(LISTED ENTRIES begins)
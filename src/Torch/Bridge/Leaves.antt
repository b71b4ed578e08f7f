-- ===== src/Torch/Bridge/Leaves.antt =====
-- native/src/training/training_bridge_torch.cc: whether a tensor requires a gradient.
use Prim.Native.String.{String}
use tensora.Heap.{M, AllocFailure}
use tensora.Float.{Float32}
use tensora.Storage.{Storage, Copied, torch_kind}
use tensora.Tensor.{Tensor}
use tensora.Steps.{Result, to_caller, ◌>>◌}
use tensora.Steps.Frame.{
  bind-Yields, then-Yields, Frame, Keeps, keeping, Yields, and_then-done, from_status-Keeps,
}
use tensora.Torch.Library.{
  Torch, TorchCall, computed, TorchHost, ask_torch, read_torch, on_heap_of, guard_allocation,
  guard_answer, guard_torch, torch_error,
}
use tensora.Torch.Backend.{tensor_to_torch, wrap_torch_tensor}
use tensora.Torch.Storage.{from_tensor, new_torch_storage}
use tensora.Torch.Wrapping.{GoesTo, wrap_torch_tensor-GoesTo}
use tensora.Torch.Nn.{TorchNn}
use tensora.Torch.Bridge.{is_on_torch, torch_with_requires_grad, torch_requires_grad}
use tensora.Prelude.{
  ℕ, ◌≡◌, refl, sym, ap, ◌∙◌, Bool, Option, none, some, List, get_elem?, if◌then◌else◌,
}

module _ {F D X R N O A : Type 0} (torch : Torch F X R) (nn : TorchNn D X R N O A) where
  -- The flag of the tensor.
  flag_frame : X → Frame (TorchHost F X R)
  flag_frame x = record {
    Same = λ s t. nn.requires_grad x t.runtime ≡ nn.requires_grad x s.runtime;
    nothing = λ s. refl;
    further = λ s t u e f. f ∙ e;
  }

  on_heap_of-Keeps : {B : Type 0} (y : X) (m : M F B) → Keeps (flag_frame y) (on_heap_of m)
  unfolding Keeps flag_frame
  on_heap_of-Keeps y m s = refl

  read_torch-Keeps : {B : Type 0} (y : X) (f : R → B) → Keeps (flag_frame y) (read_torch f)
  unfolding Keeps flag_frame
  read_torch-Keeps y f s = refl

  guard_answer-Keeps :
      (y : X) (operation : String) (answer : Option AllocFailure)
      → Keeps (flag_frame y) (guard_answer operation answer)
  unfolding Keeps flag_frame
  guard_answer-Keeps y operation none s = refl
  guard_answer-Keeps y operation (some refusal) s = refl

  guard_allocation-Keeps :
      (y : X) (operation : String) → Keeps (flag_frame y) (guard_allocation operation)
  unfolding Keeps guard_allocation flag_frame
  guard_allocation-Keeps y operation s =
      guard_answer-Keeps y operation (s.heap.allocator s.heap.requests 0) _

  ruleset touching =
      (keeping, on_heap_of-Keeps, read_torch-Keeps, guard_allocation-Keeps, from_status-Keeps)

  new_torch_storage-Keeps : (y x : X) → Keeps (flag_frame y) (new_torch_storage torch x)
  unfolding new_torch_storage Keeps flag_frame
  new_torch_storage-Keeps y x s = refl

  from_tensor-Keeps : (y x : X) → Keeps (flag_frame y) (from_tensor torch x to_caller)
  unfolding from_tensor
  from_tensor-Keeps y x = search (touching, new_torch_storage-Keeps y x) depth 20

  module _
      (discovers : (x : X) (r : R)
        → nn.requires_grad x (torch.get_accelerator r).1 ≡ nn.requires_grad x r) where
    discovery-Keeps :
        (y : X) (operation : String)
        → Keeps (flag_frame y) (ask_torch operation torch.get_accelerator)
    unfolding Keeps flag_frame
    discovery-Keeps y operation s = discovers y s.runtime

    wrap_torch_tensor-Keeps : (y x : X) → Keeps (flag_frame y) (wrap_torch_tensor torch x to_caller)
    unfolding wrap_torch_tensor
    wrap_torch_tensor-Keeps y x =
        search (touching, from_tensor-Keeps y x, discovery-Keeps y) depth 20

  answer-computed :
      (operation : String) (c : TorchCall (Unit {0}) × R) (s t : TorchHost F X R) (u : Unit {0})
      → ◌≡◌ {A = Result (Unit {0}) × TorchHost F X R}
          (guard_torch operation c.0, record s { runtime = c.1 })
          (Result.done u, t)
      → c ≡ (computed tt, t.runtime)
  answer-computed operation (computed u', r) s t u e =
      ap (λ (x : Result (Unit {0}) × TorchHost F X R). (computed tt, x.1.runtime)) e
  answer-computed operation (torch_error what, r) s t u e = cc

  -- A tensor of the heap, over a Torch storage, whose tensor of libtorch has the flag.
  abbrev Flagged : ⦃fl : Float32 F⦄ → Bool → ℕ → TorchHost F X R → Type 0
  Flagged b a s = (y : X) × GoesTo torch y a s × (nn.requires_grad y s.runtime ≡ b)

  reads_flag :
      ⦃fl : Float32 F⦄ (b : Bool) (s : TorchHost F X R) (y : X) (t : Tensor) (bytes : ℕ)
      (copy : Option (List F) → ℕ → Option ℕ → Copied F)
      → get_elem? s.heap.storages t.storage ≡ some (Storage.other torch_kind bytes copy)
      → tensor_to_torch torch t to_caller s ≡ (Result.done y, s)
      → nn.requires_grad y s.runtime ≡ b
      → torch_requires_grad torch nn t to_caller s ≡ (Result.done (if b then 1 else 0), s)
  unfolding torch_requires_grad is_on_torch
  reads_flag b s y t bytes copy stored back flag = rw stored (rw back (rw flag refl))

  Flagged-torch_requires_grad :
      ⦃fl : Float32 F⦄ (b : Bool) (a : ℕ) (s : TorchHost F X R)
      → Flagged b a s
      → (t : Tensor) × (get_elem? s.heap.tensors a ≡ some t)
        × (torch_requires_grad torch nn t to_caller s ≡ (Result.done (if b then 1 else 0), s))
  Flagged-torch_requires_grad b a s (y, (t, made, back, (bytes, copy, stored)), flag) =
      (t, made, reads_flag b s y t bytes copy stored back flag)

  module _
      (discovers : (x : X) (r : R)
        → nn.requires_grad x (torch.get_accelerator r).1 ≡ nn.requires_grad x r)
      (sets : (x : X) (b : Bool) (r r' : R)
        → nn.set_requires_grad x b r ≡ (computed tt, r')
        → nn.requires_grad x r' ≡ b) where
    set_then_wrap-Flagged :
        ⦃fl : Float32 F⦄ (b : Bool) (y : X)
        → Yields
            (ask_torch "tensor_with_requires_grad" (nn.set_requires_grad y b)
              >> wrap_torch_tensor torch y to_caller)
            (Flagged b)
    unfolding Yields Keeps flag_frame
    set_then_wrap-Flagged b y s a t e =
        let (u, v, set, wrapped) =
          and_then-done (ask_torch "tensor_with_requires_grad" (nn.set_requires_grad y b) s) _ a t
            e in
        let flag =
          sets y b s.runtime v.runtime (answer-computed "tensor_with_requires_grad" _ s v u set) in
        let kept = wrap_torch_tensor-Keeps discovers y y v in
        (
          y,
          wrap_torch_tensor-GoesTo torch y v a t wrapped,
          ap (λ (r : Result ℕ × TorchHost F X R). nn.requires_grad y r.1.runtime) (sym wrapped)
              ∙ kept
              ∙ flag,
        )

    -- Where set_requires_grad of libtorch sets the flag, and the discovery of an accelerator leaves it:
    -- when WithRequiresGrad succeeds, RequiresGrad of its result is what was asked for, and reading it
    -- changes nothing.
    pub torch_requires_grad-torch_with_requires_grad :
        ⦃fl : Float32 F⦄ (t : Tensor) (b : Bool) (a : ℕ) (s s' : TorchHost F X R)
        → torch_with_requires_grad torch nn t b to_caller s ≡ (Result.done a, s')
        → (u : Tensor) × (get_elem? s'.heap.tensors a ≡ some u)
          × (torch_requires_grad torch nn u to_caller s' ≡ (Result.done (if b then 1 else 0), s'))
    unfolding torch_with_requires_grad Yields
    torch_requires_grad-torch_with_requires_grad t b a s s' e =
        Flagged-torch_requires_grad b a s' (made t s a s' e)
      where
        made : (t : Tensor) → Yields (torch_with_requires_grad torch nn t b to_caller) (Flagged b)
        made t = search (set_then_wrap-Flagged b, bind-Yields, then-Yields) depth 20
(LISTED ENTRIES ends)
Lines of the listing above that hold the string "depth" should each be copied.

OUTPUT FOR THIS EXERCISE =
  from_tensor-Keeps y x = search (touching, new_torch_storage-Keeps y x) depth 20
        search (touching, from_tensor-Keeps y x, discovery-Keeps y) depth 20
        made t = search (set_then_wrap-Flagged b, bind-Yields, then-Yields) depth 20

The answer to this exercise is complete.